ASSIGNED TASK: Starting at the line that contains "of the command." and ending at the line that contains "delete_table table s", the lines below are to be given again exactly, with nothing added.

GIVEN RECORDS:
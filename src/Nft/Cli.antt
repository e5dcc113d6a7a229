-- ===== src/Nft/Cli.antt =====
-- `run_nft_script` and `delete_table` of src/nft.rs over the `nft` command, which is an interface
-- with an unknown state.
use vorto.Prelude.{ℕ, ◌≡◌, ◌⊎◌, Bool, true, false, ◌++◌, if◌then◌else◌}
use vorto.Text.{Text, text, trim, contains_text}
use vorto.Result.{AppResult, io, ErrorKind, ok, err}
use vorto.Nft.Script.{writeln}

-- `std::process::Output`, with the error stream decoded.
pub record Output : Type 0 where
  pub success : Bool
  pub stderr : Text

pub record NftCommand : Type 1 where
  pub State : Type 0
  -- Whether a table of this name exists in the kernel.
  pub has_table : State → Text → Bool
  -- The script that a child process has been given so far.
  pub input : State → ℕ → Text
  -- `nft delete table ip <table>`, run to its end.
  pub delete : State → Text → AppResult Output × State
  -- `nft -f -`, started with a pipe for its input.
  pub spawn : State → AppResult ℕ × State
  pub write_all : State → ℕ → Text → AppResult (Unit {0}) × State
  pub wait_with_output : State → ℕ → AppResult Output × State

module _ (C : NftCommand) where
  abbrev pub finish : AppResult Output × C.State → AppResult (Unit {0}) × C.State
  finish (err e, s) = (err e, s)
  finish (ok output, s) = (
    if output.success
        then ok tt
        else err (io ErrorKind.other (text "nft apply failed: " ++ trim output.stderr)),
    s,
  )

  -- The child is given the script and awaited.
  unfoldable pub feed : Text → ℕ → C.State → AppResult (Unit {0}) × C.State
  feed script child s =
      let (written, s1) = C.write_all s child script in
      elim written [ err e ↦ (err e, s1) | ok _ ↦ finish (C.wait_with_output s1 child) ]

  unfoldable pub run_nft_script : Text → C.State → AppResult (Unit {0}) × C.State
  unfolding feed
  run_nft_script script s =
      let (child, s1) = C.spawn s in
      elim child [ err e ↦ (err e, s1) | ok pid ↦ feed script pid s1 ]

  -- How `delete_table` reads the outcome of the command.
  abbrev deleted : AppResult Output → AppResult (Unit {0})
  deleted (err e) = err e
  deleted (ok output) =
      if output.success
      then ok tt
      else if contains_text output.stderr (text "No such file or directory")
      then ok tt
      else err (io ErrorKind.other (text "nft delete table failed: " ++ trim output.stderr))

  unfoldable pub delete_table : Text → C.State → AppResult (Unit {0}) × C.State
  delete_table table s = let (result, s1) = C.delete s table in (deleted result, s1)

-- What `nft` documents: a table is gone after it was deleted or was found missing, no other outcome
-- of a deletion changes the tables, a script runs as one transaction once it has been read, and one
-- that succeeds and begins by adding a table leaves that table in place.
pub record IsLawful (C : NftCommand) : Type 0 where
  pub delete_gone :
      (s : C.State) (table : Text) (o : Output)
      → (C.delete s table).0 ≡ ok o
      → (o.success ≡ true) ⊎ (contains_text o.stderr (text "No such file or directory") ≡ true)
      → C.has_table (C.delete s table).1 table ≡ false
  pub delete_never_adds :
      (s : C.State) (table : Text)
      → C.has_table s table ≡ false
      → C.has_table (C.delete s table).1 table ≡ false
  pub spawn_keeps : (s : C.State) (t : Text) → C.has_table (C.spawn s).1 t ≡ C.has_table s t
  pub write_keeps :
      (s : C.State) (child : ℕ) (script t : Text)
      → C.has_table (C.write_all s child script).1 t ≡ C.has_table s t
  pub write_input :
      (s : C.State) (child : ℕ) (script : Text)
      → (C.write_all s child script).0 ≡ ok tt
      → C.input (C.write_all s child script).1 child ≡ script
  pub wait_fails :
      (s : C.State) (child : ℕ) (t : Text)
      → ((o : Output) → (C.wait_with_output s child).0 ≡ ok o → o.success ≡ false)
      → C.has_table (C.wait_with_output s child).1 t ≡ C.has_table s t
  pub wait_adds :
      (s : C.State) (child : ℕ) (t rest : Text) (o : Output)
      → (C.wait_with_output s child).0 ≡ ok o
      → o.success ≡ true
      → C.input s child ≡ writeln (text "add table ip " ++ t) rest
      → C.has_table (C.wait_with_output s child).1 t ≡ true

---

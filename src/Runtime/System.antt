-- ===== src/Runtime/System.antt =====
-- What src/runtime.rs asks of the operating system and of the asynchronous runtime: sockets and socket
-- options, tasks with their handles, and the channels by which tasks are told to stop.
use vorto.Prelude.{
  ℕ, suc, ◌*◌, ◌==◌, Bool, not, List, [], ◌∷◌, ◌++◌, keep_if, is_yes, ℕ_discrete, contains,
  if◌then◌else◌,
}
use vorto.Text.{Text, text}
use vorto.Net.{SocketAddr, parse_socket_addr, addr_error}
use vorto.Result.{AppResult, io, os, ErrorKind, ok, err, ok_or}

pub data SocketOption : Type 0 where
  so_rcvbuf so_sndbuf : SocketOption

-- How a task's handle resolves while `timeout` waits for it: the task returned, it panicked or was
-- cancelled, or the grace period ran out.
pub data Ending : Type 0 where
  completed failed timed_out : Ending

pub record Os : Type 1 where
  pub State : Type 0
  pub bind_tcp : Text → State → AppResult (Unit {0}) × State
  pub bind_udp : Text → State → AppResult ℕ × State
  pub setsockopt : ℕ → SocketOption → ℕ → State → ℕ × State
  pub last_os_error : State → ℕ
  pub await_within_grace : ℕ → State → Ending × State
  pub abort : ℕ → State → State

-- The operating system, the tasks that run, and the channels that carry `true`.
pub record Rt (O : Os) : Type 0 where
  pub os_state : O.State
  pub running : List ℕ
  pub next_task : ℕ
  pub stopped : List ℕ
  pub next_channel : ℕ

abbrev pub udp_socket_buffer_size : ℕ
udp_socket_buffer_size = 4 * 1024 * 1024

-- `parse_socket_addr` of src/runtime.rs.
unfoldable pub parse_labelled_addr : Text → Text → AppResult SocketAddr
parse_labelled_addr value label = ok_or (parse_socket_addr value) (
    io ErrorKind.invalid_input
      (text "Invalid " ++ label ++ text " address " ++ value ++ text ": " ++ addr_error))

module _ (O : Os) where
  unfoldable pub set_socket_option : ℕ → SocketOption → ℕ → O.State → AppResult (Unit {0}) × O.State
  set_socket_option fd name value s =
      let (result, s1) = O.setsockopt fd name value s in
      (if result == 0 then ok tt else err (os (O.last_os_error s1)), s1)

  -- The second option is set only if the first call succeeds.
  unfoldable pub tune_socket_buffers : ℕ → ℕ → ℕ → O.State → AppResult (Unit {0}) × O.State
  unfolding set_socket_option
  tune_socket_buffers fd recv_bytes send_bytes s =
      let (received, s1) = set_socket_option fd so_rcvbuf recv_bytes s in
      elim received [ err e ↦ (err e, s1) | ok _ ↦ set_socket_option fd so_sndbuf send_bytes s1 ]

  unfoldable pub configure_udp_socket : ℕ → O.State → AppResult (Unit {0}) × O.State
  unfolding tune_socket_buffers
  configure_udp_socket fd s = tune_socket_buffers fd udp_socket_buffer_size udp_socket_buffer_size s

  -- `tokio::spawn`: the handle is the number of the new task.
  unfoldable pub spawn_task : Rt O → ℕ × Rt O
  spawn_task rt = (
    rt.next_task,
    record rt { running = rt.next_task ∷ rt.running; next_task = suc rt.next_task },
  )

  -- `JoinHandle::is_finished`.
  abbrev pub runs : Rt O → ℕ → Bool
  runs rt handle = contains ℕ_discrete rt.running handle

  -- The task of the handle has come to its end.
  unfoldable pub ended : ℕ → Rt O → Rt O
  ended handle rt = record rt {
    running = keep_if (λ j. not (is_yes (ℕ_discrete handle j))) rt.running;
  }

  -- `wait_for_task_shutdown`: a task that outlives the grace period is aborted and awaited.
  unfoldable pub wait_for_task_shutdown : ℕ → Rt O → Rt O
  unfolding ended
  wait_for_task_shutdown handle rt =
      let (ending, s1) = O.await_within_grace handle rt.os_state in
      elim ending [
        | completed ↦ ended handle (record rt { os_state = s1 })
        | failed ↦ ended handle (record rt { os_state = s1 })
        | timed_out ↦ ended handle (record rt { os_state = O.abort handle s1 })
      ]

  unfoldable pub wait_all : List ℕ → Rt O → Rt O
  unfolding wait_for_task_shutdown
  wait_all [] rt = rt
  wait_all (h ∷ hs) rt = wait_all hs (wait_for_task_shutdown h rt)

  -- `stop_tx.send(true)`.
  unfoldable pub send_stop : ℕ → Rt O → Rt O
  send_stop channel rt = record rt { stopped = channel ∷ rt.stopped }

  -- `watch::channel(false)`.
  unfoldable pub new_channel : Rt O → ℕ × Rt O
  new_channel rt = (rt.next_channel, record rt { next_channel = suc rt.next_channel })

ANSWER TO THE PROBLEM:
  -- How `delete_table` reads the outcome of the command.
  abbrev deleted : AppResult Output → AppResult (Unit {0})
  deleted (err e) = err e
  deleted (ok output) =
      if output.success
      then ok tt
      else if contains_text output.stderr (text "No such file or directory")
      then ok tt
      else err (io ErrorKind.other (text "nft delete table failed: " ++ trim output.stderr))

  unfoldable pub delete_table : Text → C.State → AppResult (Unit {0}) × C.State
  delete_table table s = let (result, s1) = C.delete s table in (deleted result, s1)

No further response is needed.